EXERCISE OBJECTIVE: Search the material below for lines containing the string "abbrev", and copy every one you find.

DATA RECORDS:
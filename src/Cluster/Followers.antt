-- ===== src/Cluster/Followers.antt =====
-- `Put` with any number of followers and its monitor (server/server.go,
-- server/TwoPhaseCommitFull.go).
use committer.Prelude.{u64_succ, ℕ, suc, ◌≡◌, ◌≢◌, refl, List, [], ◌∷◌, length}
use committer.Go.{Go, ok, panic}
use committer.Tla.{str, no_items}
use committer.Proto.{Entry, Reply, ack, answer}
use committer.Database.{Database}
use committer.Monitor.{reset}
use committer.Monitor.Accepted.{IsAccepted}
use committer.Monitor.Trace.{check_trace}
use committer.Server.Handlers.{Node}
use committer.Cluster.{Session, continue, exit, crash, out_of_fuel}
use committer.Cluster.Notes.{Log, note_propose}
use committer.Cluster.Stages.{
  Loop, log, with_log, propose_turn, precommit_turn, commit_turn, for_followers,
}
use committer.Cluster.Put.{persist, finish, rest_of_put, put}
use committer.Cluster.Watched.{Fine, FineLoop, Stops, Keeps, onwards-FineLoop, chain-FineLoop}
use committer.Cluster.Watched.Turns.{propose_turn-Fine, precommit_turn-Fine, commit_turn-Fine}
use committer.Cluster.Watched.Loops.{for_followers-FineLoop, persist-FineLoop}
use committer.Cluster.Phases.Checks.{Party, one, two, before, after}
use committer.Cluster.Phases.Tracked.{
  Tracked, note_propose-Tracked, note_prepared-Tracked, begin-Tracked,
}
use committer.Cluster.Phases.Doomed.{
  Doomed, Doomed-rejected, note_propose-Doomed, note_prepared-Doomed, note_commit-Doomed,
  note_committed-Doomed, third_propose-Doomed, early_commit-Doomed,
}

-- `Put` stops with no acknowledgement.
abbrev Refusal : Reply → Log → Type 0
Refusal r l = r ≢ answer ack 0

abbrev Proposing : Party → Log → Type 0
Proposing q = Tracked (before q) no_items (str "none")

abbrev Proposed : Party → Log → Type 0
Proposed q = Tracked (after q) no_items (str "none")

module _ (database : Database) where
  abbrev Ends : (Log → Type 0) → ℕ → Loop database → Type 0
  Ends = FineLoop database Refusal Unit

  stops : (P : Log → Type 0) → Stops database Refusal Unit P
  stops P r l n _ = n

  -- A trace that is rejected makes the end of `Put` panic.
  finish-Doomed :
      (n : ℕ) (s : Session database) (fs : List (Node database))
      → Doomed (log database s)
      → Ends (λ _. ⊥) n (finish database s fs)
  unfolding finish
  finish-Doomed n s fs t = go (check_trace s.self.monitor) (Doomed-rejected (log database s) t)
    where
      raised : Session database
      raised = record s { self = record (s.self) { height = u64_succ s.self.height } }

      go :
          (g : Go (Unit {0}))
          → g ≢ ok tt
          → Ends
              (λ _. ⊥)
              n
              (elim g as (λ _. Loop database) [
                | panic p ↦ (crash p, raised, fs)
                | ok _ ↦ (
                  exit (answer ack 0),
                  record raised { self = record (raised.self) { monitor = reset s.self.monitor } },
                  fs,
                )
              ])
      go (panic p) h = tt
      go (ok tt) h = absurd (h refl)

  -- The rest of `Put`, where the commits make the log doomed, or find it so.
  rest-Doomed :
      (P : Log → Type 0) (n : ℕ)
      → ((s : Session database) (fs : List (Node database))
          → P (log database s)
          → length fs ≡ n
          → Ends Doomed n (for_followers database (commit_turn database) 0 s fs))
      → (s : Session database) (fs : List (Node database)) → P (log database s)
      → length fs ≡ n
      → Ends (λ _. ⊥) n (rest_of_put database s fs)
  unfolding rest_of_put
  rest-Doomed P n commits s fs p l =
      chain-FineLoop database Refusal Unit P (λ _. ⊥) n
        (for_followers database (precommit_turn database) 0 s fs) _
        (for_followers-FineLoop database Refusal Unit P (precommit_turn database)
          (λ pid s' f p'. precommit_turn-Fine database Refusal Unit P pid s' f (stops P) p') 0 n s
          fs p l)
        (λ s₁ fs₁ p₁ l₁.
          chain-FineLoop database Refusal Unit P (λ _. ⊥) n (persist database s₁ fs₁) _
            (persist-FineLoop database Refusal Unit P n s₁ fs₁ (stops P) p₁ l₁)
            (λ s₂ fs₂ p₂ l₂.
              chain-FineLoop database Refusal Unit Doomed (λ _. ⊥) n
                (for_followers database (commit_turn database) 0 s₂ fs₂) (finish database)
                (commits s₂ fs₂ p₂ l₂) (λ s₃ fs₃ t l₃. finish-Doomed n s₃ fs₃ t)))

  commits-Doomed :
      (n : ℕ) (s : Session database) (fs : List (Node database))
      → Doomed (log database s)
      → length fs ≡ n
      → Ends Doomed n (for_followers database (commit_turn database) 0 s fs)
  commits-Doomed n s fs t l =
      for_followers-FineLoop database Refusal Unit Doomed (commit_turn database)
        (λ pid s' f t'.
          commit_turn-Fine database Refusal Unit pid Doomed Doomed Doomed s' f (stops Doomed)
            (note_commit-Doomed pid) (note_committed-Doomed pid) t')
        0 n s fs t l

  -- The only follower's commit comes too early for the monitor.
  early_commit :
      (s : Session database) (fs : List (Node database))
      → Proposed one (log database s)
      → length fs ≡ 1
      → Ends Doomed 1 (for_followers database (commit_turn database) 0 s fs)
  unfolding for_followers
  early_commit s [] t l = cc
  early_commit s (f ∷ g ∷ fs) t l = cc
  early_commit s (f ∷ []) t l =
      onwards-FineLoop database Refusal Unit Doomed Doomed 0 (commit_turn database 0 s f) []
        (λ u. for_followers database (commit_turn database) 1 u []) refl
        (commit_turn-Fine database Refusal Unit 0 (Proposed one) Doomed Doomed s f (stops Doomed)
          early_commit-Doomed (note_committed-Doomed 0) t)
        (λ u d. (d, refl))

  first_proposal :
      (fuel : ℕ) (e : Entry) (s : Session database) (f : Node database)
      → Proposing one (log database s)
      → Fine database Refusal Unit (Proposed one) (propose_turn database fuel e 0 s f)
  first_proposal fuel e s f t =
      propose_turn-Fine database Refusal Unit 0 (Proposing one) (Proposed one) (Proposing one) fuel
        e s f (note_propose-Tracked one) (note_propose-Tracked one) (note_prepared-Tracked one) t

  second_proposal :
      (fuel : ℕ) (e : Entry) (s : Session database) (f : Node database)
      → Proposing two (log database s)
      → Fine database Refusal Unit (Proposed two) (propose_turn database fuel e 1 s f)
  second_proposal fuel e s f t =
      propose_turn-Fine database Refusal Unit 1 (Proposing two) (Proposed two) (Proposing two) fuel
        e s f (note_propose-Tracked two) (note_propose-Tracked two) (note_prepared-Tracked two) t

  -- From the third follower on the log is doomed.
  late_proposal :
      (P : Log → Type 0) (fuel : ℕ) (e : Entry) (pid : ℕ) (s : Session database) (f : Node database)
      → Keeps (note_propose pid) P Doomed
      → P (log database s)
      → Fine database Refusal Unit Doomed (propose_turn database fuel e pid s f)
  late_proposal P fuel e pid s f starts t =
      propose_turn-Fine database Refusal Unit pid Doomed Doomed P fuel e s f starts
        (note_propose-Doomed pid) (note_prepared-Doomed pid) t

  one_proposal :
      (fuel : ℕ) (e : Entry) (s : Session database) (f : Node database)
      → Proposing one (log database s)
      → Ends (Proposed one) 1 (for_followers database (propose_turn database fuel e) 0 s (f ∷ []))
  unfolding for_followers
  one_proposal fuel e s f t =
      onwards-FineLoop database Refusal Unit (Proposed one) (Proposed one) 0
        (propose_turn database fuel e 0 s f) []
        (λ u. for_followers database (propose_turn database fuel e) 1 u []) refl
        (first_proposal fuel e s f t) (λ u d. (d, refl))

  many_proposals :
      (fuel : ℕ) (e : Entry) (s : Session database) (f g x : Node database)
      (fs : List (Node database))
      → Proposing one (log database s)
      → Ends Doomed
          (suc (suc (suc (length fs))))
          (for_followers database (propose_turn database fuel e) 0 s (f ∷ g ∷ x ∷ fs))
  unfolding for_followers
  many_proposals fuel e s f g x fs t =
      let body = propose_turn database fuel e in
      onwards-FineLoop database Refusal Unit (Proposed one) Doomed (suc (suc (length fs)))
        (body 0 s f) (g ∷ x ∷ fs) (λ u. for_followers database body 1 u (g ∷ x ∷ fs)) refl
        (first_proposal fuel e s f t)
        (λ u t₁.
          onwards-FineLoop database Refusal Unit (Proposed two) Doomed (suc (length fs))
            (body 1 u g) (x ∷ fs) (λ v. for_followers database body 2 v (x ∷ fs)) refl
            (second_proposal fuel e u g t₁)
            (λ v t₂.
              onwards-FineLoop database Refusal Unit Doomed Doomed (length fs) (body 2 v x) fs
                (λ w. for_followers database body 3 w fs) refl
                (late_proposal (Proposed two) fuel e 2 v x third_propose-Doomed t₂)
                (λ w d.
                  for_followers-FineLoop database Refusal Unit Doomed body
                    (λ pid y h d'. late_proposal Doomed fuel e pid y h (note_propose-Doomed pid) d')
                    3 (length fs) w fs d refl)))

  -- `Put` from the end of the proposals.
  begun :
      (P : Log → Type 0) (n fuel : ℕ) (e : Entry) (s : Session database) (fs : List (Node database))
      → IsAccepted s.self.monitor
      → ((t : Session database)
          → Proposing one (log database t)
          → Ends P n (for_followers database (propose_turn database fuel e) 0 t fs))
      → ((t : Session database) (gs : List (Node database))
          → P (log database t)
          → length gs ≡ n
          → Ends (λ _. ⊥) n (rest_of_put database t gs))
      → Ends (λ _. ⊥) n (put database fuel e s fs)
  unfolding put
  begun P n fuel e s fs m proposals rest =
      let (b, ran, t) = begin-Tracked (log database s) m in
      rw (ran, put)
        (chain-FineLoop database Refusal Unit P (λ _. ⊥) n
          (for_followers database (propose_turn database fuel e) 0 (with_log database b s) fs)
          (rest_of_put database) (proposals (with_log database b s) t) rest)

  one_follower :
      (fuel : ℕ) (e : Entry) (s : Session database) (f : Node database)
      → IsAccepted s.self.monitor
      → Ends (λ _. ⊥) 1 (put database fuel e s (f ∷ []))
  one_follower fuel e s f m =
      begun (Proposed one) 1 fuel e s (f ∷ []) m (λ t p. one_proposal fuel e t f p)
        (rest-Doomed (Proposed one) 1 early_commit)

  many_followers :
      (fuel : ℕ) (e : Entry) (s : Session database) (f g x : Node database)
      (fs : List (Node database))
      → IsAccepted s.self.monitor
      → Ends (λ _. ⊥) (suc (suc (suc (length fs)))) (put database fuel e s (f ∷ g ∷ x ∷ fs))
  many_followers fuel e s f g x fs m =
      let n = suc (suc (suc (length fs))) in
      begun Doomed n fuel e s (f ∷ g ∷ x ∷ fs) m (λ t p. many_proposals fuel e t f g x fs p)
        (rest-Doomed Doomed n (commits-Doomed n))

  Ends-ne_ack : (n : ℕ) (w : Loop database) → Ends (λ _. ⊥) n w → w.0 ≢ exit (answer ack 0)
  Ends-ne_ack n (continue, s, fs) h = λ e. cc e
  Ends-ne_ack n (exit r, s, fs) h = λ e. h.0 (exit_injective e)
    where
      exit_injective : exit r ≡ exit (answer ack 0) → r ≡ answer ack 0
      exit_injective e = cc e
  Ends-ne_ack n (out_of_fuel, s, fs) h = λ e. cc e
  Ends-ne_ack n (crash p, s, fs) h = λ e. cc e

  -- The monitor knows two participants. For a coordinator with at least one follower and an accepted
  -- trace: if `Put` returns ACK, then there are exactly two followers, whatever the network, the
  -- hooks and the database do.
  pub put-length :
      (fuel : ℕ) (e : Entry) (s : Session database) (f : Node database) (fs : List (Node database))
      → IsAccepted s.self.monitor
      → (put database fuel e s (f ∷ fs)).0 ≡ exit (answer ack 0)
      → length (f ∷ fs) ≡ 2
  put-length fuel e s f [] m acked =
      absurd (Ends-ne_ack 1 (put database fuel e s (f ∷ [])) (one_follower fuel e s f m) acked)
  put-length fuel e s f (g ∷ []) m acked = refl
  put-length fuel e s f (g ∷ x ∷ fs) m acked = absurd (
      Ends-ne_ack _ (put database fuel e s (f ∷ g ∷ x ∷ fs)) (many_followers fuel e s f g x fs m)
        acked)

WORKED SOLUTION:
abbrev Refusal : Reply → Log → Type 0
abbrev Proposing : Party → Log → Type 0
abbrev Proposed : Party → Log → Type 0
  abbrev Ends : (Log → Type 0) → ℕ → Loop database → Type 0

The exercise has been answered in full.